CPAchecker is written in Java and uses the C-parser of the Eclipse CDT project (https://eclipse.org/cdt/). There are bindings for external libraries that allow to use BDDs, octagons, and SMT formulas. The predicate analysis in our configuration uses the SMT solver MathSAT5 (http://mathsat.fbk.eu/), because it supports bit-precise reasoning and interpolation for SMT formulae.
2 Verification Approach
Our configuration uses block-abstraction memoization (BAM) [4] to speedup the analysis. BAM divides the program into blocks and analyzes them separately. We choose functions as block size, such that a function call corresponds with a block entry and a function exit refers to a block exit, respectively. BAM aims for a modular analysis, i.e. if a block has been already analyzed, the re-analysis of this block uses the stored result from a cache.
In SV-COMP’12, BAM was used with predicate analysis [3], and in SVCOMP’15, value analysis and predicate analysis were combined in a sequential way [2]. With several improvements and extensions done in the last year, we are now able to combine BAM not only with predicate analysis, but also with value analysis, interval analysis, and combinations thereof. We have defined and implemented the operators of BAM for the corresponding domains. For this year’s SV-COMP, value analysis and predicate analysis are executed in a parallel manner to leverage the advantages of both approaches within the analysis with BAM.
BAM itself does not track any assignments or predicates over variables, but delegates this task to other more precise analyses.
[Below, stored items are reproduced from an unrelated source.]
-- ===== src/Channel/Queues/Events.antt =====
-- The queues of the streams over everything that reaches a channel (urpc/core/source/urpc_channel.cc).
use u_rpc.Prelude.{
  ℕ, true, false, Option, none, some, List, [], ◌∷◌, is_empty, if-keeps, option-keeps,
}
use u_rpc.Prelude.Str.{Str, codes}
use u_rpc.Prelude.Map.{Map, find}
use u_rpc.Prelude.Map.Sorted.{All-find}
use u_rpc.Status.{Status, is_ok, ok_status}
use u_rpc.Codec.{consume}
use u_rpc.Loop.{Task, posted, close_all_handles, close_all, drain_pending, fire_timer}
use u_rpc.Wire.{Headers, field}
use u_rpc.Channel.State.{
  broken, ready, Stream, PendingStream, Deferred, start_call, cancel_call, open_stream,
  send_on_stream, close_stream_send, pump_stream, call_timeout, stream_timeout, Channel, message,
  fire,
}
use u_rpc.Channel.Calls.{start_pending}
use u_rpc.Channel.Session.{
  stream_headers, terminal_status, is_200, bad_http, report_messages, emptied, stream_data,
  close_stream, erase_stream_iterator, with_stream_of, stream_closed, fail_streams, fail_parked,
  fail_open, lost, lose, is_broken, on_headers, on_data, on_stream_close, on_connect,
  on_connection_lost,
}
use u_rpc.Channel.Api.{
  Event, calls, cancels, opens, sends, closes_send, limits, loop_woken, timer_fired, connect_result,
  headers_complete, data_received, stream_close, consumed, connection_lost, loop_stops, call,
  cancel, open_new_stream, stream_send, stream_close_send, set_max_receive_size, run_deferred,
  run_task, run_tasks, run_fired, step, run,
}
use u_rpc.Channel.Queues.{
  IsShort, Open, HasShortQueues, Kept, put-Kept, fail_stream-Kept, complete_stream-Kept,
  run_pump-Kept, on_consumed-Kept, start_pending_streams-Kept, run_stream_timeout-Kept,
  run_open_stream-Kept, run_send-Kept, run_close_send-Kept,
}
use u_rpc.Channel.Queues.Calls.{
  fail_pending-Kept, start_pending-Kept, run_start_call-Kept, run_call_timeout-Kept,
  run_cancel-Kept, with_call_of-Kept, call_headers-Kept, call_data-Kept, close_call-Kept,
  fail_open-Kept,
}

with_stream_of-Kept :
    (id : ℕ) (c : Channel) (f : Stream → Channel)
    → Kept c
    → ((s : Stream) → IsShort s.out_queue → Kept (f s))
    → Kept (with_stream_of id c f)
with_stream_of-Kept id c f h k = option-keeps Kept (find id c.streams) c _ h λ s e.
    if-keeps Kept s.completed c (f s) (λ _. h) (λ _. k s (All-find Open id s c.streams e h.0))

stream_headers-Kept :
    (id : ℕ) (s : Stream) (hs : Headers) (c : Channel) → Kept c → Kept (stream_headers id s hs c)
unfolding stream_headers
stream_headers-Kept id s hs c h =
    option-keeps Kept (terminal_status hs) _ _
      (if-keeps Kept (is_200 (field (codes ":status") hs)) c _ (λ _. h)
        (λ _. complete_stream-Kept id s bad_http c h))
      (λ st _. complete_stream-Kept id s st c h)

report_messages-Kept :
    (id : ℕ) (cb : Option ℕ) (ms : List Str) (c : Channel)
    → Kept c
    → Kept (report_messages id cb ms c)
unfolding report_messages
report_messages-Kept id cb [] c h = h
report_messages-Kept id cb (m ∷ ms) c h =
    report_messages-Kept id cb ms (fire (message id cb ok_status m) c) h

stream_data-Kept :
    (id : ℕ) (s : Stream) (bytes : Str) (c : Channel)
    → IsShort s.out_queue
    → Kept c
    → Kept (stream_data id s bytes c)
unfolding stream_data
stream_data-Kept id s bytes c l h =
    if-keeps Kept (is_empty bytes) c _ (λ _. h)
      λ _.
        let (st, d) = consume s.decoder bytes in
        if-keeps Kept (is_ok st) _ _
          (λ _.
            report_messages-Kept id s.events.on_message d.messages _
              (put-Kept id (record s { decoder = emptied d }) c l h))
          (λ _. complete_stream-Kept id (record s { decoder = d }) st c h)

close_stream-Kept : (o : Option ℕ) (sid : ℕ) (c : Channel) → Kept c → Kept (close_stream o sid c)
unfolding close_stream
close_stream-Kept none sid c h = h
close_stream-Kept (some id) sid c h =
    unfold erase_stream_iterator in
    with_stream_of-Kept id c _ h λ s _.
      if-keeps Kept s.rst_pending c _ (λ _. h) (λ _. complete_stream-Kept id s stream_closed c h)

fail_streams-Kept : (m : Map Stream) (c : Channel) → Kept c → Kept (fail_streams m c)
unfolding fail_streams
fail_streams-Kept [] c h = h
fail_streams-Kept ((id, s) ∷ m) c h = fail_streams-Kept m _ (
    if-keeps Kept s.completed c _ (λ _. h)
      (λ _. fail_stream-Kept s.id s.out_queue s.events lost c h))

fail_parked-Kept : (pss : List PendingStream) (c : Channel) → Kept c → Kept (fail_parked pss c)
unfolding fail_parked
fail_parked-Kept [] c h = h
fail_parked-Kept (ps ∷ pss) c h =
    fail_parked-Kept pss _ (fail_stream-Kept ps.id [] ps.events lost c h)

on_headers-Kept : (sid : ℕ) (hs : Headers) (c : Channel) → Kept c → Kept (on_headers sid hs c)
unfolding on_headers
on_headers-Kept sid hs c h =
    option-keeps Kept (find sid c.stream_by_sid) _ _
      (with_call_of-Kept (find sid c.by_stream) c _ h (λ call. call_headers-Kept call hs c h))
      (λ id _. with_stream_of-Kept id c _ h (λ s _. stream_headers-Kept id s hs c h))

on_data-Kept : (sid : ℕ) (bytes : Str) (c : Channel) → Kept c → Kept (on_data sid bytes c)
unfolding on_data
on_data-Kept sid bytes c h =
    option-keeps Kept (find sid c.stream_by_sid) _ _
      (with_call_of-Kept (find sid c.by_stream) c _ h (λ call. call_data-Kept call bytes c h))
      (λ id _. with_stream_of-Kept id c _ h (λ s l. stream_data-Kept id s bytes c l h))

on_stream_close-Kept : (sid : ℕ) (c : Channel) → Kept c → Kept (on_stream_close sid c)
unfolding on_stream_close
on_stream_close-Kept sid c h =
    let c' = close_stream (find sid c.stream_by_sid) sid c in
    close_call-Kept (find sid c'.by_stream) sid c'
      (close_stream-Kept (find sid c.stream_by_sid) sid c h)

on_connect-Kept : (st : Status) (c : Channel) → Kept c → Kept (on_connect st c)
unfolding on_connect
on_connect-Kept st c h =
    let c' = record c { has_socket = true; has_session = true; state = ready } in
    if-keeps Kept (is_ok st) _ _
      (λ _. start_pending_streams-Kept (start_pending c') (start_pending-Kept c' h))
      (λ _. fail_pending-Kept st (record c { state = broken }) h)

on_connection_lost-Kept : (c : Channel) → Kept c → Kept (on_connection_lost c)
unfolding on_connection_lost lose
on_connection_lost-Kept c h =
    let bare = record c {
      state = broken;
      has_socket = false;
      has_session = false;
      calls = [];
      by_stream = [];
      streams = [];
      stream_by_sid = [];
      pending_streams = [];
    } in
    let s = fail_streams c.streams bare in
    let p = fail_parked c.pending_streams s in
    if-keeps Kept (is_broken c.state) c _ (λ _. h)
      λ _. fail_pending-Kept lost (fail_open c.calls p) (
        fail_open-Kept c.calls p
          (fail_parked-Kept c.pending_streams s (fail_streams-Kept c.streams bare (tt, tt))))

run_deferred-Kept : (t : Deferred) (c : Channel) → Kept c → Kept (run_deferred t c)
unfolding run_deferred
run_deferred-Kept (start_call id path framed timeout_ms cb d) c h =
    run_start_call-Kept id path framed timeout_ms cb d c h
run_deferred-Kept (cancel_call id) c h = run_cancel-Kept id c h
run_deferred-Kept (open_stream id path events timeout_ms) c h =
    run_open_stream-Kept id path events timeout_ms c h
run_deferred-Kept (send_on_stream id framed cb close) c h = run_send-Kept id _ c h
run_deferred-Kept (close_stream_send id) c h = run_close_send-Kept id c h
run_deferred-Kept (pump_stream id) c h = run_pump-Kept id c h
run_deferred-Kept (call_timeout id) c h = run_call_timeout-Kept id c h
run_deferred-Kept (stream_timeout id) c h = run_stream_timeout-Kept id c h

run_tasks-Kept : (ts : List (Task Deferred)) (c : Channel) → Kept c → Kept (run_tasks ts c)
unfolding run_tasks run_task
run_tasks-Kept [] c h = h
run_tasks-Kept (posted t ∷ ts) c h = run_tasks-Kept ts _ (run_deferred-Kept t c h)
run_tasks-Kept (close_all_handles ∷ ts) c h =
    run_tasks-Kept ts (record c { loop = close_all c.loop }) h

run_fired-Kept : (o : Option Deferred) (c : Channel) → Kept c → Kept (run_fired o c)
run_fired-Kept none c h = h
run_fired-Kept (some t) c h = run_deferred-Kept t c h

step-Kept : (e : Event) (c : Channel) → Kept c → Kept (step e c)
unfolding step call cancel open_new_stream stream_send stream_close_send set_max_receive_size
step-Kept (calls path framed timeout_ms cb) c h = h
step-Kept (cancels id) c h = h
step-Kept (opens path events timeout_ms) c h = h
step-Kept (sends id framed cb close) c h = h
step-Kept (closes_send id) c h = h
step-Kept (limits n) c h = h
step-Kept loop_woken c h =
    run_tasks-Kept (drain_pending c.loop).0 (record c { loop = (drain_pending c.loop).1 }) h
step-Kept (timer_fired id) c h =
    run_fired-Kept (fire_timer id c.loop).0 (record c { loop = (fire_timer id c.loop).1 }) h
step-Kept (connect_result st) c h = on_connect-Kept st c h
step-Kept (headers_complete sid hs) c h = on_headers-Kept sid hs c h
step-Kept (data_received sid bytes) c h = on_data-Kept sid bytes c h
step-Kept (stream_close sid) c h = on_stream_close-Kept sid c h
step-Kept (consumed id cb) c h = on_consumed-Kept id cb c h
step-Kept connection_lost c h = on_connection_lost-Kept c h
step-Kept loop_stops c h = h

-- Whatever reaches a channel, no stream ever holds more than 64 messages that wait to be sent, open or
-- parked until the connection stands: from a channel where none does.
pub run-HasShortQueues :
    (es : List Event) (c : Channel) → HasShortQueues c → HasShortQueues (run es c)
unfolding run
run-HasShortQueues [] c h = h
run-HasShortQueues (e ∷ es) c h = run-HasShortQueues es (step e c) (step-Kept e c h)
In our submission, the value analysis tracks assignments of variables and the predicate analysis uses predicates to analyze the program. Each of these two analyses is implemented as a CPA and uses a precision that determines which facts (assignments or predicates) are important for reasoning over the program, for example, for the reachability of a property violation. Figure 1 shows the CEGAR loop that updates the precisions during the refinements of the corresponding analysis. In CPAchecker, a reachability analysis uses the configured CPAs to examine the program until either a counterexample is reached or the program is analyzed completely. The second case refers to a program without any property violation. In the first case however, if the reachability analysis finds a counterexample, we check it for feasibility with both analyses in sequence. For a spurious counterexample one of the analyses should find the cause and perform the refinement, i.e. updating the corresponding precision. As the value analysis is more efficient in tracking many assignments, the counterexample is first checked with this analysis. As soon as one of the analyses cannot confirm the counterexample, the precision of this analysis is refined in order to exclude the spurious counterexample in the next iteration of the CEGAR loop. If both analyses confirm the counterexample, we report an error witness.
Recursive tasks are analyzed by an extension of BAM that was already used in SV-COMP’15. However, last year’s contribution is improved by using the parallel combination of value analysis and predicate analysis in the way described above. Additionally, if no cached block abstraction can be reused before unrolling the recursive function up to a depth of 30, we abort the analysis of any deeper recursion. This bound is sufficient for the currently available recursive tasks.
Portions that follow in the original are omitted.